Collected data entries
*-*-*
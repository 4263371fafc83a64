-- ===== src/Booking/Outcome/Handlers.antt =====
-- apps/services/booking-service/src: the handlers that move one booking, each committed or rolled
-- back as a whole.
use our_driveway.Prelude.{ℕ, ◌==◌, ◌&&◌, leb, refl, none, some, [], ◌∷◌}
use our_driveway.Prelude.Int.{ℤ}
use our_driveway.Shared.Bookings.{
  Status, status_eq, Booking, BookingEvent, abandoned, expired, by_renter, spot_unavailable,
}
use our_driveway.Booking.Schedule.{Calendar}
use our_driveway.Booking.Table.{Db, Stamp, find_booking, moved}
use our_driveway.Booking.Service.Settle.{
  release, cancellable, cancel, rate, confirm_paid, sweep_one, not_found,
}
use our_driveway.Booking.Reactor.{cancel_unavailable}
use our_driveway.Booking.Outcome.{Settles, passes, due, settle-Settles}
use our_driveway.Booking.Outcome.Leaves.{
  Leaves, Leaves-require, Leaves-context, Leaves-authorize, settle-Leaves,
}
use our_driveway.Booking.Outcome.Rating.{rate_booking-Leaves}

module _ (db : Db) (stamp : Stamp) where
  pub cancel_unavailable-Settles :
      (b : Booking)
      → let event = BookingEvent.cancelled b.id spot_unavailable in
        Settles (due event b.id db) event b.id stamp.event_id (cancel_unavailable stamp b) db
  unfolding cancel_unavailable moved
  cancel_unavailable-Settles b =
      settle-Settles stamp b.spot_id b.id none Status.cancelled (Status.confirmed ∷ []) none
        (some spot_unavailable) _ db (λ r. (refl, refl))

  pub sweep_one-Leaves :
      (hold : Booking)
      → let event = BookingEvent.released hold.id expired in
        Leaves (due event hold.id db) event hold.id stamp.event_id (sweep_one stamp hold) db
  unfolding sweep_one moved
  sweep_one-Leaves hold =
      settle-Leaves stamp hold.spot_id hold.id none Status.released (Status.reserved ∷ [])
        (some expired) none _ db (λ r. (refl, refl))

  module _ (read : Db) (id : ℕ) where
    pub confirm_paid-Leaves :
        let event = BookingEvent.confirmed id in
        Leaves
          (passes (find_booking id read.bookings) (λ b. due event id db))
          event
          id
          stamp.event_id
          (confirm_paid read stamp id)
          db
    unfolding confirm_paid moved
    confirm_paid-Leaves =
        let event = BookingEvent.confirmed id in
        Leaves-context event id stamp.event_id db (λ b. due event id db)
          (find_booking id read.bookings) not_found _
          (λ b.
            settle-Leaves stamp b.spot_id id none Status.confirmed (Status.reserved ∷ []) none none
              event db (λ r. (refl, refl)))

    pub release-Leaves :
        (renter_id : ℕ)
        → let event = BookingEvent.released id abandoned in
          Leaves
            (passes (find_booking id read.bookings) (λ b.
              b.renter_id == renter_id && (status_eq b.status Status.reserved && due event id db)))
            event
            id
            stamp.event_id
            (release read stamp renter_id id)
            db
    unfolding release moved
    release-Leaves renter_id =
        let event = BookingEvent.released id abandoned in
        Leaves-context event id stamp.event_id db _ (find_booking id read.bookings) not_found _
          (λ b.
            Leaves-authorize event id stamp.event_id db (due event id db) b renter_id
              Status.reserved _
              (settle-Leaves stamp b.spot_id id (some renter_id) Status.released
                (Status.reserved ∷ []) (some abandoned) none event db (λ r. (refl, refl))))

    pub cancel-Leaves :
        (cal : Calendar) (now renter_id : ℕ)
        → let event = BookingEvent.cancelled id by_renter in
          Leaves
            (passes (find_booking id read.bookings) (λ b.
              b.renter_id == renter_id
              && (status_eq b.status Status.confirmed
                  && (cancellable cal read b now && due event id db))))
            event
            id
            stamp.event_id
            (cancel cal read stamp now renter_id id)
            db
    unfolding cancel moved
    cancel-Leaves cal now renter_id =
        let event = BookingEvent.cancelled id by_renter in
        Leaves-context event id stamp.event_id db _ (find_booking id read.bookings) not_found _
          (λ b.
            Leaves-authorize event id stamp.event_id db
              (cancellable cal read b now && due event id db) b renter_id Status.confirmed _
              (Leaves-require event id stamp.event_id db (due event id db)
                (cancellable cal read b now) _ _
                (settle-Leaves stamp b.spot_id id (some renter_id) Status.cancelled
                  (Status.confirmed ∷ []) none (some by_renter) event db (λ r. (refl, refl)))))

    pub rate-Leaves :
        (now renter_id : ℕ) (rating : ℤ)
        → let event = BookingEvent.rated id rating in
          Leaves
            (passes (find_booking id read.bookings) (λ b.
              b.renter_id == renter_id
              && (status_eq b.status Status.confirmed && (leb b.ends_at now && due event id db))))
            event
            id
            stamp.event_id
            (rate read stamp now renter_id id rating)
            db
    unfolding rate
    rate-Leaves now renter_id rating =
        let event = BookingEvent.rated id rating in
        Leaves-context event id stamp.event_id db _ (find_booking id read.bookings) not_found _
          (λ b.
            Leaves-authorize event id stamp.event_id db (leb b.ends_at now && due event id db) b
              renter_id Status.confirmed _
              (Leaves-require event id stamp.event_id db (due event id db) (leb b.ends_at now) _ _
                (rate_booking-Leaves db stamp id b rating)))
*-*-*
> **Assignment**
All of the data above should be reproduced verbatim.

> **Written answer**
repository 4263371fafc83a64
-- ===== src/Booking/Outcome/Handlers.antt =====
-- apps/services/booking-service/src: the handlers that move one booking, each committed or rolled
-- back as a whole.
use our_driveway.Prelude.{ℕ, ◌==◌, ◌&&◌, leb, refl, none, some, [], ◌∷◌}
use our_driveway.Prelude.Int.{ℤ}
use our_driveway.Shared.Bookings.{
  Status, status_eq, Booking, BookingEvent, abandoned, expired, by_renter, spot_unavailable,
}
use our_driveway.Booking.Schedule.{Calendar}
use our_driveway.Booking.Table.{Db, Stamp, find_booking, moved}
use our_driveway.Booking.Service.Settle.{
  release, cancellable, cancel, rate, confirm_paid, sweep_one, not_found,
}
use our_driveway.Booking.Reactor.{cancel_unavailable}
use our_driveway.Booking.Outcome.{Settles, passes, due, settle-Settles}
use our_driveway.Booking.Outcome.Leaves.{
  Leaves, Leaves-require, Leaves-context, Leaves-authorize, settle-Leaves,
}
use our_driveway.Booking.Outcome.Rating.{rate_booking-Leaves}

module _ (db : Db) (stamp : Stamp) where
  pub cancel_unavailable-Settles :
      (b : Booking)
      → let event = BookingEvent.cancelled b.id spot_unavailable in
        Settles (due event b.id db) event b.id stamp.event_id (cancel_unavailable stamp b) db
  unfolding cancel_unavailable moved
  cancel_unavailable-Settles b =
      settle-Settles stamp b.spot_id b.id none Status.cancelled (Status.confirmed ∷ []) none
        (some spot_unavailable) _ db (λ r. (refl, refl))

  pub sweep_one-Leaves :
      (hold : Booking)
      → let event = BookingEvent.released hold.id expired in
        Leaves (due event hold.id db) event hold.id stamp.event_id (sweep_one stamp hold) db
  unfolding sweep_one moved
  sweep_one-Leaves hold =
      settle-Leaves stamp hold.spot_id hold.id none Status.released (Status.reserved ∷ [])
        (some expired) none _ db (λ r. (refl, refl))

  module _ (read : Db) (id : ℕ) where
    pub confirm_paid-Leaves :
        let event = BookingEvent.confirmed id in
        Leaves
          (passes (find_booking id read.bookings) (λ b. due event id db))
          event
          id
          stamp.event_id
          (confirm_paid read stamp id)
          db
    unfolding confirm_paid moved
    confirm_paid-Leaves =
        let event = BookingEvent.confirmed id in
        Leaves-context event id stamp.event_id db (λ b. due event id db)
          (find_booking id read.bookings) not_found _
          (λ b.
            settle-Leaves stamp b.spot_id id none Status.confirmed (Status.reserved ∷ []) none none
              event db (λ r. (refl, refl)))

    pub release-Leaves :
        (renter_id : ℕ)
        → let event = BookingEvent.released id abandoned in
          Leaves
            (passes (find_booking id read.bookings) (λ b.
              b.renter_id == renter_id && (status_eq b.status Status.reserved && due event id db)))
            event
            id
            stamp.event_id
            (release read stamp renter_id id)
            db
    unfolding release moved
    release-Leaves renter_id =
        let event = BookingEvent.released id abandoned in
        Leaves-context event id stamp.event_id db _ (find_booking id read.bookings) not_found _
          (λ b.
            Leaves-authorize event id stamp.event_id db (due event id db) b renter_id
              Status.reserved _
              (settle-Leaves stamp b.spot_id id (some renter_id) Status.released
                (Status.reserved ∷ []) (some abandoned) none event db (λ r. (refl, refl))))

    pub cancel-Leaves :
        (cal : Calendar) (now renter_id : ℕ)
        → let event = BookingEvent.cancelled id by_renter in
          Leaves
            (passes (find_booking id read.bookings) (λ b.
              b.renter_id == renter_id
              && (status_eq b.status Status.confirmed
                  && (cancellable cal read b now && due event id db))))
            event
            id
            stamp.event_id
            (cancel cal read stamp now renter_id id)
            db
    unfolding cancel moved
    cancel-Leaves cal now renter_id =
        let event = BookingEvent.cancelled id by_renter in
        Leaves-context event id stamp.event_id db _ (find_booking id read.bookings) not_found _
          (λ b.
            Leaves-authorize event id stamp.event_id db
              (cancellable cal read b now && due event id db) b renter_id Status.confirmed _
              (Leaves-require event id stamp.event_id db (due event id db)
                (cancellable cal read b now) _ _
                (settle-Leaves stamp b.spot_id id (some renter_id) Status.cancelled
                  (Status.confirmed ∷ []) none (some by_renter) event db (λ r. (refl, refl)))))

    pub rate-Leaves :
        (now renter_id : ℕ) (rating : ℤ)
        → let event = BookingEvent.rated id rating in
          Leaves
            (passes (find_booking id read.bookings) (λ b.
              b.renter_id == renter_id
              && (status_eq b.status Status.confirmed && (leb b.ends_at now && due event id db))))
            event
            id
            stamp.event_id
            (rate read stamp now renter_id id rating)
            db
    unfolding rate
    rate-Leaves now renter_id rating =
        let event = BookingEvent.rated id rating in
        Leaves-context event id stamp.event_id db _ (find_booking id read.bookings) not_found _
          (λ b.
            Leaves-authorize event id stamp.event_id db (leb b.ends_at now && due event id db) b
              renter_id Status.confirmed _
              (Leaves-require event id stamp.event_id db (due event id db) (leb b.ends_at now) _ _
                (rate_booking-Leaves db stamp id b rating)))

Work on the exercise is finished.